The slowdown in the world’s largest economies last year, particularly in China, led to warnings that the end of the commodities super-cycle was near, as prices of key resources plummeted.
However, a flood of government stimulus unveiled in recent months has reversed that trend, prompting one expert to say the commodities bull run that began in 2002 is here to stay.
“(The super cycle) is still intact. The combination of the economic recovery, especially with China powering ahead, and continuing support from central banks…It’s going to be a good year for commodities,” Eugen Weinberg, global head of commodities research at Commerzbank told CNBC on Friday, pointing to the Bank of Japan’s commitment to open-ended easing this week.
The commodities market was mired by volatility in 2012, as concerns around the euro zone debt crisis and the U.S. “fiscal cliff” mixed with major stimulus announcements out of the European Central Bank and Federal Reserve in the second half of the year led to large swings in prices.
In June, for example, commodities took a large hit on concerns over the global economic outlook, with the Standard & Poor’s GSCI (Goldman Sachs Commodity Index), which tracks 24 commodities, falling to its lowest levels in two years.
But this year, Weinberg said he expects commodity prices to rise “markedly.”
“The year 2013 has not only started off on a positive note on the commodities markets, we also firmly believe that this trend will continue over the course of the year,” he said.
Commodities including copper, which is seen as a leading indicator for the metals sector, and oil have been on a steady uptrend, rising 3.6 percent and 11.7 percent, respectively, over the past three months.

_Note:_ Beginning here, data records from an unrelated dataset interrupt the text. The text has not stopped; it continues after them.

-- ===== src/Security.antt =====
-- backend/app/security.py
pub mod Roles
pub mod Capability
pub mod Session
mod Examples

Within the three broad commodity classes: energy, base metals and precious metals, Weinberg is most upbeat on the U.S. West Texas Intermediate (WTI) crude, copper and platinum.
He expects WTI prices to narrow their gap with Brent crude, forecasting a spread of just $5 a barrel by the end of the year from the current $17. In addition to increased demand, U.S. crude prices will likely be supported by the expansion of a key oil pipeline in the country, helping to drain excess capacity from the Midwest region.
Within the base metals, Weinberg is bullish on copper. He says while there may be oversupply in the short run, we could see a deficit over the medium to long term. A lack of new copper mining projects being developed could be a reason.